FEMA only has enough personal protective equipment and critical medical supplies to meet “a fraction” of the requests coming in from COVID-19 hotspots, according to a statement issued Thursday by Chairperson of the House Committee on Oversight and Reform Rep. Carolyn Maloney (D-N.Y.).
FEMA told the committee that most of the 100,000 ventilators planned for production will not be available until at least June of this year.
The documents confirmed that by March 30, FEMA had only provided a low proportion of each jurisdiction’s requests for PPE and other necessary supplies; less than 10 percent of the 5.2 million N95 masks requested, less than 1 percent of the 194 million pairs of sterile gloves requested, and none of the 15,000 body bags requested.
Demand for Ventilators Outstripping Capacity
FEMA conceded on April 1 that, based on current projections, demand for ventilators “outstrips the capacity” of the Strategic National Stockpile as well as those ventilators provided by the Department of Defense.The agency’s administrator therefore directed that ventilators now be treated as a “strategic national asset.” Ventilators are not to be released to states unless there exists an “exigent need” to sustain lives “within 72 hours.”

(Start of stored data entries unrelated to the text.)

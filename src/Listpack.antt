-- ===== src/Listpack.antt =====
-- The listpack: entries packed into one byte slice (app/structures/listpack).
pub mod Entry
pub mod Pack
pub mod Codec
pub mod Contents
pub mod Stored
pub mod Ends
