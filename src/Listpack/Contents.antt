-- ===== src/Listpack/Contents.antt =====
-- The items that a listpack holds, as a relation between a list of items and the bytes.
pub mod Sizes
pub mod Read
pub mod Push
pub mod Pop
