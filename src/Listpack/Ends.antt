-- ===== src/Listpack/Ends.antt =====
-- The loop of `Read` (app/structures/listpack/listpack.go) on any bytes, and its fuel.
use shitty_redis.Base.{
  ℕ, zero, suc, ◌-◌, ◌≤◌, ◌<◌, ◌≡◌, refl, inl, inr, Bool, true, false, List, [], ◌∷◌, arith, ◌==◌,
  ◌||◌, drop, length, length-drop, Bool-cases,
}
use shitty_redis.Base.Go.{Bytes, Run, ok, err, panic, stuck, ◌>>=◌, Ends, Ends-bind}
use shitty_redis.Listpack.Pack.{
  Listpack, decode_tag, read_bytes, read_int, read_str, read_decoded, read_entry, read_loop, read,
}

read_bytes-Ends :
    (n : ℕ) (bs : Bytes)
    → Ends (read_bytes n bs)
      × ((r : Bytes × Bytes) → read_bytes n bs ≡ ok r → length r.1 ≤ length bs)
unfolding read_bytes
read_bytes-Ends zero bs = (tt, λ r e. ground arith)
read_bytes-Ends (suc n) [] = (tt, λ r e. cc)
read_bytes-Ends (suc n) (b ∷ bs) =
    let (ends, left) = read_bytes-Ends n bs in
    (Ends-bind (read_bytes n bs) _ ends (λ a e. tt), more (read_bytes n bs) left)
  where
    more :
        (m : Run (Bytes × Bytes))
        → ((r : Bytes × Bytes) → m ≡ ok r → length r.1 ≤ length bs)
        → (r : Bytes × Bytes) → (m >>= λ x. ok (b ∷ x.0, x.1)) ≡ ok r
        → length r.1 ≤ suc (length bs)
    more (ok x) h r e = ground (arith, h x refl)
    more err h r e = cc
    more panic h r e = cc
    more stuck h r e = cc

-- One round ends if the rounds that follow do.
module _ (again : Bytes → ℕ → ℕ → Run (List Bytes)) (tag : ℕ) (after : Bytes)
    (ends : (rest : Bytes) (k m : ℕ) → length rest ≤ length after → Ends (again rest k m)) where
  dropped :
      (n readB : ℕ) (r : Bytes × Bytes)
      → read_bytes readB after ≡ ok r
      → length (drop n r.1) ≤ length after
  dropped n readB r e = omega (arith, length-drop n r.1, (read_bytes-Ends readB after).1 r e)

  read_int-Ends : (tagB readB k m : ℕ) → Ends (read_int again tag after tagB readB k m)
  unfolding read_int
  read_int-Ends tagB readB (suc k) m = ends _ k m (omega (arith, length-drop {0} _ after))
  read_int-Ends tagB readB zero m =
      Ends-bind (read_bytes readB after) _ (read_bytes-Ends readB after).0 (λ r e.
        Ends-bind (again _ 0 (m - 1)) _ (ends _ 0 (m - 1) (dropped _ readB r e)) (λ a p. tt))

  read_str-Ends : (tagB readB k m : ℕ) → Ends (read_str again tag after tagB readB k m)
  unfolding read_str
  read_str-Ends tagB readB (suc k) m =
      Ends-bind (read_bytes readB after) _ (read_bytes-Ends readB after).0
        (λ r e. ends _ k m (dropped _ readB r e))
  read_str-Ends tagB readB zero m =
      Ends-bind (read_bytes readB after) _ (read_bytes-Ends readB after).0 (λ r e.
        Ends-bind (read_bytes _ r.1) _ (read_bytes-Ends _ r.1).0 (λ r' e'.
          Ends-bind (again _ 0 (m - 1)) _
            (ends _ 0 (m - 1) (
              omega (
                arith,
                length-drop {0} _ r'.1,
                (read_bytes-Ends _ r.1).1 r' e',
                (read_bytes-Ends readB after).1 r e,
              )))
            (λ a p. tt)))

  read_decoded-Ends : (k m : ℕ) (d : ℕ × ℕ × Bool) → Ends (read_decoded again tag after k m d)
  unfolding read_decoded
  read_decoded-Ends k m (tagB, readB, true) = read_int-Ends tagB readB k m
  read_decoded-Ends k m (tagB, readB, false) = read_str-Ends tagB readB k m

read_loop-Ends : (fuel : ℕ) (bs : Bytes) (k m : ℕ) → length bs < fuel → Ends (read_loop fuel bs k m)
unfolding read_loop read_entry
read_loop-Ends zero bs k m h = absurd (omega arith)
read_loop-Ends (suc fuel) [] k m h = tt
read_loop-Ends (suc fuel) (tag ∷ after) k m h = elim (Bool-cases (tag == 0xff || m == 0)) [
  | inl e ↦ rw e tt
  | inr e ↦ rw e (
      read_decoded-Ends (read_loop fuel) tag after
        (λ rest k' m' l. read_loop-Ends fuel rest k' m' (omega arith)) k m (decode_tag tag))
]

-- The fuel given to `Read` is enough on every listpack, whatever its bytes are.
pub read-Ends : (offset m : ℕ) (lp : Listpack) → Ends (read offset m lp)
unfolding read
read-Ends offset m lp = read_loop-Ends _ lp.entries offset m (omega arith)
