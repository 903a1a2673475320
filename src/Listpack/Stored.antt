-- ===== src/Listpack/Stored.antt =====
-- What storing an item does to its text.
use shitty_redis.Base.{◌≡◌, sym, ◌↔◌, inl, inr, ◌∙◌, none, some, Option-cases}
use shitty_redis.Base.Go.{Bytes}
use shitty_redis.Base.Int.{ℤ}
use shitty_redis.Strconv.{parse_int, format_int}
use shitty_redis.Strconv.RoundTrip.{parse_int-format_int, parse_int-IsInt64}
use shitty_redis.Listpack.Codec.{number_text, stored}

pub stored_number : (item : Bytes) (v : ℤ) → parse_int item ≡ some v → stored item ≡ format_int v
unfolding stored number_text
stored_number item v e = rw e

pub stored_text : (item : Bytes) → parse_int item ≡ none → stored item ≡ item
unfolding stored number_text
stored_text item e = rw e

-- Storing a text that came out of a listpack gives the same text back.
pub stored-stored : (item : Bytes) → stored (stored item) ≡ stored item
stored-stored item = elim (Option-cases (parse_int item)) [
  | inl e ↦ rw (stored_text item e) (stored_text item e)
  | inr (v, e) ↦
      rw (stored_number item v e)
        (stored_number (format_int v) v (parse_int-format_int v (parse_int-IsInt64 item v e)))
]

-- An item comes back as it was exactly when it is no int64, or is one as Go prints it.
pub stored-eq_self_iff :
    (item : Bytes)
    → (stored item ≡ item) ↔ ((v : ℤ) → parse_int item ≡ some v → item ≡ format_int v)
stored-eq_self_iff item = (
  λ same v e. sym same ∙ stored_number item v e,
  λ printed. elim (Option-cases (parse_int item)) [
    | inl e ↦ stored_text item e
    | inr (v, e) ↦ stored_number item v e ∙ sym (printed v e)
  ],
)
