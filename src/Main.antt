-- ===== src/Main.antt =====
-- The dispatch of commands and the loops of the connections: app/com.go and app/main.go.
pub mod Dispatch
pub mod Loop
pub mod Conns
pub mod Setting
pub mod Locking
pub mod Effects
pub mod Feeding
pub mod Joining
pub mod Starting
pub mod Ending
pub mod Requests
mod Turns
mod Quiet
pub mod Sessions
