-- ===== src/Server/Config.antt =====
-- app/server/config.go. The two flags are what `flag.Parse` leaves in them.
use shitty_redis.Base.{List, [], ◌∷◌, ◌==◌, if◌then◌else◌}
use shitty_redis.Base.Go.{Bytes, Run, ok, err}
use shitty_redis.Stream.Ids.{prepend}

pub data Role : Type 0 where
  master : Role
  replica : Role

unfoldable pub role_name : Role → Bytes
role_name master = b'm' ∷ b'a' ∷ b's' ∷ b't' ∷ b'e' ∷ b'r' ∷ []
role_name replica = b's' ∷ b'l' ∷ b'a' ∷ b'v' ∷ b'e' ∷ []

pub record Config : Type 0 where
  pub port : Bytes
  pub role : Role
  pub master_host : Bytes
  pub master_port : Bytes

-- `strings.Split(s, " ")`; it has one part at least.
unfoldable pub split_space : Bytes → List Bytes
split_space [] = [] ∷ []
split_space (c ∷ cs) = let parts = split_space cs in if c == 32 then [] ∷ parts else prepend c parts

-- The host and the port of the master, if there are both.
unfoldable pub set_master : List Bytes → Config → Run Config
set_master (h ∷ p ∷ more) cfg = ok (record cfg { master_host = h; master_port = p })
set_master parts cfg = err

unfoldable pub repl_cfg : Bytes → Config → Run Config
repl_cfg mc cfg = set_master (split_space mc) cfg

-- An error of `ReplCfg` is not looked at, and leaves host and port empty.
unfoldable pub or_unset : Config → Run Config → Config
or_unset cfg (ok cfg') = cfg'
or_unset cfg other = cfg

unfoldable pub with_replicaof : Bytes → Config → Config
with_replicaof [] cfg = cfg
with_replicaof (c ∷ cs) cfg =
    let cfg' = record cfg { role = replica } in or_unset cfg' (repl_cfg (c ∷ cs) cfg')

unfoldable pub extract_config : Bytes → Bytes → Config
extract_config port replicaof =
    with_replicaof replicaof
      (record { port = port; role = master; master_host = []; master_port = [] })
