-- ===== src/Server/Repl.antt =====
-- app/server/master.go, app/server/replica.go, and the state of app/server/server.go. A connection is
-- a number; writing to it can fail, which `fails` says.
use shitty_redis.Base.{
  ℕ, Bool, true, false, List, [], ◌∷◌, ◌++◌, Option, none, some, if◌then◌else◌, length,
}
use shitty_redis.Base.Go.{Bytes, Run, ok, panic, stuck, ◌>>=◌}
use shitty_redis.Base.Int.{ℤ, pos, ◌+ℤ◌}
use shitty_redis.Server.Config.{Role, master, replica, Config}

-- `mu` is nil, or a lock that is held or free.
pub record MasterRepl : Type 0 where
  pub id : Bytes
  pub repl_connections : List ℕ
  pub offset : ℤ
  pub mu : Option Bool

pub record ReplicaRepl : Type 0 where
  pub master_host : Bytes
  pub master_port : Bytes
  pub master_id : Bytes
  pub master_offset : ℤ

pub data Replication : Type 0 where
  master_repl : MasterRepl → Replication
  replica_repl : ReplicaRepl → Replication

pub record Server : Type 0 where
  pub port : Bytes
  pub address : Bytes
  pub repl : Replication

abbrev pub replid : Bytes
replid =
    b'8' ∷ b'3' ∷ b'7' ∷ b'1' ∷ b'b' ∷ b'4' ∷ b'f' ∷ b'b' ∷ b'1' ∷ b'1' ∷ b'5' ∷ b'5' ∷ b'b' ∷ b'7'
    ∷ b'1' ∷ b'f' ∷ b'4' ∷ b'a' ∷ b'0' ∷ b'4' ∷ b'd' ∷ b'3' ∷ b'e' ∷ b'1' ∷ b'b' ∷ b'c' ∷ b'3'
    ∷ b'e' ∷ b'1' ∷ b'8' ∷ b'c' ∷ b'4' ∷ b'a' ∷ b'9' ∷ b'9' ∷ b'0' ∷ b'a' ∷ b'e' ∷ b'e' ∷ b'b' ∷ []

-- The literal gives no `Mu`, which leaves the pointer nil.
unfoldable pub new_master : MasterRepl
new_master = record { id = replid; repl_connections = []; offset = pos 0; mu = none }

unfoldable pub new_replica : Config → ReplicaRepl
new_replica c = record {
  master_host = c.master_host;
  master_port = c.master_port;
  master_id = [];
  master_offset = pos 0;
}

unfoldable pub new_repl : Role → Config → Replication
new_repl master c = master_repl new_master
new_repl replica c = replica_repl (new_replica c)

unfoldable pub new : Config → Server
new c = record {
  port = c.port;
  address = (b'0' ∷ b'.' ∷ b'0' ∷ b'.' ∷ b'0' ∷ b'.' ∷ b'0' ∷ b':' ∷ []) ++ c.port;
  repl = new_repl c.role c;
}

unfoldable pub is_master : Server → Option MasterRepl
is_master srv = elim srv.repl [ master_repl m ↦ some m | replica_repl r ↦ none ]

unfoldable pub is_replica : Server → Option ReplicaRepl
is_replica srv = elim srv.repl [ master_repl m ↦ none | replica_repl r ↦ some r ]

-- `Mu.Lock()` of the nil pointer panics; a lock that is held is waited for, which is not modelled.
unfoldable pub lock : MasterRepl → Run MasterRepl
lock m = elim m.mu [
  | none ↦ panic
  | some true ↦ stuck
  | some false ↦ ok (record m { mu = some true })
]

-- `Mu.Unlock()` of a free lock ends the program as a panic does.
unfoldable pub unlock : MasterRepl → Run MasterRepl
unlock m = elim m.mu [
  | none ↦ panic
  | some true ↦ ok (record m { mu = some false })
  | some false ↦ panic
]

unfoldable pub incr_offset : ℕ → MasterRepl → MasterRepl
incr_offset v m = record m { offset = m.offset +ℤ pos v }

-- The loop of `Propogate` and of `Broadcast`: what was written, up to the first failure.
unfoldable pub write_all : (ℕ → Bool) → Bytes → List ℕ → List (ℕ × Bytes)
write_all fails b [] = []
write_all fails b (conn ∷ conns) = if fails conn then [] else (conn, b) ∷ write_all fails b conns

-- The error is not looked at by any caller, and is not returned here.
unfoldable pub propogate : (ℕ → Bool) → Bytes → MasterRepl → Run (List (ℕ × Bytes) × MasterRepl)
propogate fails b m = do
  held ← lock m
  let counted = incr_offset (length b) held
  free ← unlock counted
  ok (write_all fails b counted.repl_connections, free)

unfoldable pub broadcast : (ℕ → Bool) → Bytes → MasterRepl → List (ℕ × Bytes)
broadcast fails b m = write_all fails b m.repl_connections

unfoldable pub get_conn_count : MasterRepl → ℕ
get_conn_count m = length m.repl_connections

unfoldable pub add_conn : ℕ → MasterRepl → MasterRepl
add_conn conn m = record m { repl_connections = m.repl_connections ++ (conn ∷ []) }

On March 30, FEMA officials had told the committee that there are currently approximately 9,500 ventilators in the Strategic National Stockpile.
“We are ’splitting' ventilator tubes so two patients can share a ventilator. We are converting BiPAP machines into ventilators; We are scouring the globe to acquire more ventilators.”
Supply Chain Stabilization Task Force
FEMA also says that its Supply Chain Stabilization Task Force is executing a “whole-of-America” approach to address the nation’s limited supply of PPE and other life-saving equipment.To this end, the task force is preserving inventories of critical materials by limiting their use and by developing methods to sanitize, re-use, and recycle PPE materials. FEMA hopes to accelerate the procurement of PPEs by expediting their delivery from suppliers around the world to medical distribution centers across the United States.
One example of this is FEMA’s coordination with Asian manufacturers for the delivery of 80 tons of PPE materials to New York, Connecticut, and New Jersey on March 29.
The task force is also seeking to expand American production of PPE materials and ventilators, while allocating such resources on a data-informed basis, which FEMA says is being coordinated between the federal government and private sector companies.